# Greeting Eh!



## Buzz1967 (Nov 1, 2019)

My name is Buzz and I sail a 1981 Edel 665 out of the Pelican Yacht Club in Ninette Manitoba, Canada. The water is getting a little stiff right now so I am living vicariously through all your adventures now!

Cheers!


----------



## gtstricky (Nov 1, 2019)

Welcome Buzz!


----------



## Whalerus (Apr 24, 2019)

Hi Buzz
I sail a Hobie 18 with Bull Sharks and Gators.


----------



## PhilCarlson (Dec 14, 2013)

Welcome!
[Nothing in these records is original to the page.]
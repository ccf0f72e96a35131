-- ===== src/Fifo/Upper/Conversation.antt =====
-- A client's message, through the server and back.
use linuxapp.Common.{
  ℕ, zero, suc, ◌+◌, ◌/◌, ◌%◌, ◌^◌, ◌<◌, ltb, some, List, [], ◌∷◌, ◌++◌, map, length, ◌≡◌, ◌≢◌,
  refl, ◌∙◌, arith, inl, inr, Bool-cases,
}
use linuxapp.Common.CString.{c_string_lem, IsText, IsText-append}
use linuxapp.Common.Decimal.{decimal}
use linuxapp.Common.Channel.{Pipe, IsFifo, IsWorking, passes_through}
use linuxapp.Fifo.Upper.{
  Message, text_size, message_size, message_bytes, hello_from, hello_text, client_message,
  server_round, converse,
}
use linuxapp.Fifo.Upper.Messages.{message_at-message_bytes, upper_lem, length-upper, length-message}

decimal-IsText : (k n : ℕ) → IsText (decimal k n)
unfolding decimal IsText
decimal-IsText zero n = tt
decimal-IsText (suc k) n = elim (Bool-cases (ltb n 10)) [
  | inl e ↦ rw e ((λ z. omega (arith, z)), tt)
  | inr e ↦ rw e (
      IsText-append (decimal k (n / 10)) ((b'0' + n % 10) ∷ []) (decimal-IsText k (n / 10))
        ((λ z. omega (arith, z)), tt))
]

module _ (toupper : ℕ → ℕ) (no_end : (c : ℕ) → c ≢ 0 → toupper c ≢ 0) where
  map-IsText : (cs : List ℕ) → IsText cs → IsText (map toupper cs)
  unfolding IsText
  map-IsText [] h = tt
  map-IsText (c ∷ cs) (h, hs) = (no_end c h, map-IsText cs hs)

  hello-IsText : (pid : ℕ) → IsText (hello_text pid)
  unfolding IsText
  hello-IsText pid = IsText-append hello_from (decimal 10 pid) (omega arith) (decimal-IsText 10 pid)

  -- The server's message.
  answer : ℕ → List ℕ → List ℕ → Message
  answer pid junk padding = record {
    client_pid = pid;
    text = map toupper (hello_text pid) ++ 0 ∷ junk;
    padding = padding;
  }

  answer_whole :
      (pid : ℕ) (junk : List ℕ)
      → length (hello_text pid ++ 0 ∷ junk) ≡ text_size
      → length (map toupper (hello_text pid) ++ 0 ∷ junk) ≡ text_size
  answer_whole pid junk whole = length-upper toupper (hello_text pid) junk ∙ whole

  module _ (P Q : Pipe) (to_server : IsFifo P) (up : IsWorking P) (to_client : IsFifo Q)
      (down : IsWorking Q) where
    -- Over two empty pipes that meet their laws, where toupper makes no character the end of a
    -- text: a client whose text fits, with the end and what the stack held behind it, is answered,
    -- and what it prints is its own text with every character in upper case. Both pipes are empty
    -- again.
    pub converse_lem :
        (pid : ℕ) (junk padding : List ℕ) (s : P.State) (r : Q.State)
        → pid < 2 ^ 32
        → length (hello_text pid ++ 0 ∷ junk) ≡ text_size
        → length padding ≡ 3
        → P.contents s ≡ []
        → Q.contents r ≡ []
        → (t : P.State) × (u : Q.State) × (converse toupper P Q pid junk padding s r
            ≡ some (map toupper (hello_text pid), t, u))
          × (P.contents t ≡ [])
          × (Q.contents u ≡ [])
    unfolding converse server_round client_message answer
    converse_lem pid junk padding s r small whole fill empty clear =
        let m : Message = client_message pid junk padding in
        let m' : Message = answer pid junk padding in
        let whole' = answer_whole pid junk whole in
        let size = length-message m whole fill in
        let size' = length-message m' whole' fill in
        let (n, s', t, sent, got, taken) =
          passes_through P to_server up s (message_bytes m) message_size empty (omega (arith, size))
            (omega (arith, size)) (omega arith) in
        let (k, r', u, answered, shown, done) =
          passes_through Q to_client down r (message_bytes m') message_size clear
            (omega (arith, size')) (omega (arith, size')) (omega arith) in
        (
          t,
          u,
          rw sent (
              rw got (
                rw (message_at-message_bytes m small whole) (
                  rw (upper_lem toupper (hello_text pid) junk (hello-IsText pid)) (
                    rw answered (
                      rw shown (
                        rw (message_at-message_bytes m' small whole') (
                          rw
                            (c_string_lem (map toupper (hello_text pid)) junk
                              (map-IsText (hello_text pid) (hello-IsText pid)))
                            refl))))))),
          taken,
          done,
        )
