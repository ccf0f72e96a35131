-- ===== src/Fifo/Upper/Names.antt =====
-- What fifo/doc/client.c and server.c assume of pipes under names, and a directory that meets it.
use linuxapp.Common.{
  ℕ, ◌==◌, Bool, true, false, if◌then◌else◌, Option, none, some, ◌≡◌, ◌≢◌, refl, ap, Bool-cases,
  inl, inr, ==_iff,
}

-- SERVER_FIFO_NAME, and CLIENT_FIFO_NAME with a process's number in it.
pub data Name : Type 0 where
  server_fifo : Name
  client_fifo : ℕ → Name

-- `none` is an error of mkfifo; `opens` tells whether open gives a descriptor once it returns.
pub record Names : Type 1 where
  pub State : Type 0
  pub exists : Name → State → Bool
  pub mkfifo : Name → State → Option State
  pub opens : Name → State → Bool
  pub unlink : Name → State → State

-- A name is made once, opened while it is there, and gone when it is unlinked; other names stay.
pub record IsDirectory (D : Names) : Type 0 where
  pub made :
      (n : Name) (s : D.State)
      → D.exists n s ≡ false
      → (t : D.State) × (D.mkfifo n s ≡ some t)
        × (D.exists n t ≡ true)
        × ((m : Name) → m ≢ n → D.exists m t ≡ D.exists m s)
  pub made_before : (n : Name) (s : D.State) → D.exists n s ≡ true → D.mkfifo n s ≡ none
  pub opened : (n : Name) (s : D.State) → D.opens n s ≡ D.exists n s
  pub unlinked : (n : Name) (s : D.State) → D.exists n (D.unlink n s) ≡ false
  pub unlinked_other : (n m : Name) (s : D.State) → m ≢ n → D.exists m (D.unlink n s) ≡ D.exists m s

abbrev is_same : Name → Name → Bool
is_same server_fifo server_fifo = true
is_same (client_fifo p) (client_fifo q) = p == q
is_same _ _ = false

is_same_lem : (n m : Name) → is_same n m ≡ true → n ≡ m
is_same_lem server_fifo server_fifo e = refl
is_same_lem (client_fifo p) (client_fifo q) e = ap client_fifo ((==_iff p q).0 e)
is_same_lem server_fifo (client_fifo q) e = cc
is_same_lem (client_fifo p) server_fifo e = cc

is_same_refl : (n : Name) → is_same n n ≡ true
is_same_refl server_fifo = refl
is_same_refl (client_fifo p) = (==_iff p p).1 refl

other : (n m : Name) → m ≢ n → is_same m n ≡ false
other n m apart = elim (Bool-cases (is_same m n)) [
  | inl e ↦ absurd (apart (is_same_lem m n e))
  | inr e ↦ e
]

abbrev with_name : Name → Bool → (Name → Bool) → Name → Bool
with_name n b there m = if is_same m n then b else there m

with_self : (n : Name) (b : Bool) (there : Name → Bool) → with_name n b there n ≡ b
with_self n b there = rw (is_same_refl n) refl

with_other : (n m : Name) (b : Bool) (there : Name → Bool) → m ≢ n → with_name n b there m ≡ there m
with_other n m b there apart = rw (other n m apart) refl

-- The directory as the test of what is in it.
abbrev pub directory : Names
directory = record {
  State = Name → Bool;
  exists = λ n there. there n;
  mkfifo = λ n there. if there n then none else some (with_name n true there);
  opens = λ n there. there n;
  unlink = λ n there. with_name n false there;
}

pub directory-IsDirectory : IsDirectory directory
directory-IsDirectory = record {
  made = λ n there free. (
    with_name n true there,
    rw free refl,
    with_self n true there,
    λ m apart. with_other n m true there apart,
  );
  made_before = λ n there old. rw old refl;
  opened = λ n there. refl;
  unlinked = λ n there. with_self n false there;
  unlinked_other = λ n m there apart. with_other n m false there apart;
}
Getting a bit brisk here in Tampa... expecting a dip into the 60s this week!


----------



## paulk (Jun 2, 2000)

Bienvenue!


----------



## Northeric (May 1, 2014)

Welcome,

I pulled my boat Oct 8 from Northern Lake Huron after seeing the writing on the wall and no hope of Indian Summer. I think you guys got snow not long after that. Well two weeks till southern boat sojourn and 183 days till northern boat launch. Remember no texting and skating. :grin


----------



## Buzz1967 (Nov 1, 2019)

You are brave! Good thing Hobies are fast!

_
Hi Buzz
I sail a Hobie 18 with Bull Sharks and Gators._


----------